How is it not in compliance when both the connection and motherboard are both clearly labeled for polarity?


----------



## Jetster (May 4, 2018)

There is no standard for the front header


----------



## jboydgolfer (May 4, 2018)

Bill_Bright said:


> Again, I sure would like to see a link to an example where the front panel power and reset button of an "ATX" case are somehow polarity orientated, and for any motherboard claiming to be "ATX" (including micro, ITX, or EATX) that requires it.



Search motherboard manuals, im sure you'll see something like this. But I have to assume there is some  type of miscommuniation happening here, since this is pretty common knowledge, i think we are not talking about the same subject possibly.

here you can see the header pins for a Fractal Deign Meshify, clearly have both + & -, and under that, a Asrock motherboards header pin ports, also, + & -

Edit:   The more I think of it, I feel like I do recall in the past it not mattering (or if not existing) in the power switch and in the reset switch in regards to polarity, but my memory has never been great












i found this .pdf Document pertaining to ATX FF guidlines/spec's, but there is no mention of specific implemenatation outside of placement on the PCB, and conforming to size and location restrictions/expectations.


Spoiler: ATX form factor standard (front I/O)



The exact location of the front panel I/O connector is not specified.
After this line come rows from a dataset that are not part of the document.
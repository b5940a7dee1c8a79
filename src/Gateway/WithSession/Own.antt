-- ===== src/Gateway/WithSession/Own.antt =====
-- A request is served by its own session only.
use orbeat_community.Prelude.{
  Bool-cases, List, Option, String, arith, eq_iff, false, inl, inr, none, refl, some, subst, sym,
  true, ℕ, ◌&&◌, ◌==◌, ◌≡◌, ◌≢◌,
}
use orbeat_community.Prelude.Assoc.{lookup}
use orbeat_community.RateLimit.Adapters.{Principal, key_for}
use orbeat_community.Gateway.SessionCache.{
  TransportBinding, SessionCache, points_to, get_or_build, Step, fetch, step, steps,
  new_session_cache,
}
use orbeat_community.Gateway.SessionCache.Drops.{IsAccounted}
use orbeat_community.Gateway.SessionCache.Accounts.{steps-IsAccounted, step-IsAccounted}
use orbeat_community.Gateway.SessionCache.Current.{get_or_build-current}
use orbeat_community.Gateway.SessionCache.Bindings.{points_to_iff}
use orbeat_community.Gateway.WithSession.{
  Request, passed, looked_up, lookup_transport, check_transport, with_built, owned_by,
  with_principal, with_session,
}

abbrev pub session_of : Option TransportBinding → Option ℕ
session_of none = none
session_of (some b) = b.sess

looked_up-session :
    (o : Option TransportBinding) (r : ℕ)
    → ((looked_up o).known && points_to (looked_up o).sess r) ≡ true
    → session_of o ≡ some r
looked_up-session none r h = cc
looked_up-session (some b) r h = points_to_iff b.sess r h

ne_false : {a b : String} → a ≢ b → a == b ≡ false
ne_false {a} {b} apart = ground (arith, eq_iff a b)

passed_inj : {o o' : Option ℕ} → passed o ≡ passed o' → o ≡ o'
passed_inj e = ground arith

-- Past the two exemptions, the switch lets through only what is bound to the session.
check_transport-passed :
    (subject : String) (request : Request) (r : ℕ) (c : SessionCache) (o : Option ℕ)
    → request.mcp_session_id == "" ≡ false
    → request.method == "DELETE" ≡ false
    → check_transport subject request r c (lookup_transport request.mcp_session_id c) ≡ passed o
    → (o ≡ some r) × (session_of (lookup request.mcp_session_id c.bound) ≡ some r)
unfolding check_transport lookup_transport
check_transport-passed subject request r c o named kept found =
    let b = looked_up (lookup request.mcp_session_id c.bound) in
    elim (Bool-cases (b.known && points_to b.sess r)) [
      | inl hit ↦ (
        sym (passed_inj (rw (named, kept, hit) at found)),
        looked_up-session (lookup request.mcp_session_id c.bound) r hit,
      )
      | inr miss ↦ elim (Bool-cases b.known) [
        | inl known ↦ cc (rw (named, kept, miss, known) at found)
        | inr unknown ↦ cc (rw (named, kept, miss, unknown) at found)
      ]
    ]

-- A session that was fetched in one state and that its transport is bound to in a later one.
abbrev pub IsOwn : String → String → SessionCache → SessionCache → Option ℕ → Type 0
IsOwn key id fetched later none = ⊥
IsOwn key id fetched later (some r) =
    (lookup key fetched.m ≡ some r)
    × ((fetched.heap r).cache_key ≡ key)
    × ((fetched.heap r).closes ≡ 0)
    × (session_of (lookup id later.bound) ≡ some r)

with_built-passed :
    (subject key : String) (request : Request) (between : List Step) (o o' : Option ℕ)
    (c : SessionCache)
    → ((r : ℕ) → o ≡ some r → lookup key c.m ≡ some r)
    → IsAccounted c
    → request.mcp_session_id == "" ≡ false
    → request.method == "DELETE" ≡ false
    → (with_built subject request between (o, c)).0 ≡ passed o'
    → IsOwn key request.mcp_session_id c (steps c between) o'
unfolding with_built
with_built-passed subject key request between none o' c current accounted named kept found = cc
with_built-passed subject key request between (some r) o' c current accounted named kept found =
    let (same, bound) =
      check_transport-passed subject request r (steps c between) o' named kept found in
    let there : lookup key c.m ≡ some r = current r refl in
    let (made, fresh, filed) = accounted.cached key r there in
    subst (IsOwn key request.mcp_session_id c (steps c between)) (sym same)
      (there, filed, fresh, bound)

-- From a new cache, after any calls and with the cache open: when a request with a principal and a
-- transport id, not a DELETE, is passed on, it runs in the session that was cached under the
-- principal's key when it was fetched, filed under that key and never closed, and the transport it
-- names is bound to that very session when it is looked up, whatever other requests did in
-- between. A transport of another principal's session is not served.
pub with_session-IsOwn :
    (ttl max_age : ℕ) (ss between : List Step) (request : Request) (p : Principal) (now later : ℕ)
    (tenant : Option String) (o : Option ℕ)
    → let c = steps (new_session_cache ttl max_age) ss in
      let fetched = step c (fetch (key_for p) now later (owned_by p.subject tenant)) in
      c.closed ≡ false
      → request.principal ≡ some p
      → request.mcp_session_id ≢ ""
      → request.method ≢ "DELETE"
      → (with_session request now later tenant between c).0 ≡ passed o
      → IsOwn (key_for p) request.mcp_session_id fetched (steps fetched between) o
unfolding with_session with_principal step
with_session-IsOwn ttl max_age ss between request p now later tenant o running known named kept
      found =
    let c = steps (new_session_cache ttl max_age) ss in
    let owner = owned_by p.subject tenant in
    let got = get_or_build (key_for p) now later owner c in
    let found_p : (with_built p.subject request between got).0 ≡ passed o =
      subst (λ q. (with_principal request now later tenant between c q).0 ≡ passed o) known found in
    with_built-passed p.subject (key_for p) request between got.0 o got.1
      (λ r e. get_or_build-current (key_for p) now later r owner c running e)
      (step-IsAccounted c (fetch (key_for p) now later owner) (steps-IsAccounted ttl max_age ss))
      (ne_false named) (ne_false kept) found_p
It is recommended that it be placed along the front edge of the board to the right of the expansion slots. When placing the connector, the designer should keep in mind that proper clearance must be provided for the chassis peripheral bays. Locating the front panel I/O connector along the left edge of the board is not recommended due to limited clearance with a full length add-in card. Locating it along the front edge of the board under the expansion slots using a right angle header may be acceptable, provided that clearance for the add-in cards and mechanical retention of the mating connector is properly accounted for.


----------



## DeathtoGnomes (May 4, 2018)

Bill_Bright said:


> I think it should be pointed out that *IF* cases or motherboards are requiring these front panel power and reset buttons be connected according to some polarity requirement, that would be a clear, non-compliance violation of the ATX Form Factor standard for PCs.
> 
> So if this is happening with factory made computers where "proprietary" modifications are not uncommon, then I can accept (though not happily) this is happening. But for any case that is sold through Newegg, Amazon or anywhere as an ATX compliant case or motherboard, then that is wrong and they need to be taken to court - and boycotted by everyone who builds computers for themselves or as custom computers builders like me, as a business owner, who builds PC computers for clients.
> 
> Again, I sure would like to see a link to an example where the front panel power and reset button of an "ATX" case are somehow polarity orientated, and for any motherboard claiming to be "ATX" (including micro, ITX, or EATX) that requires it.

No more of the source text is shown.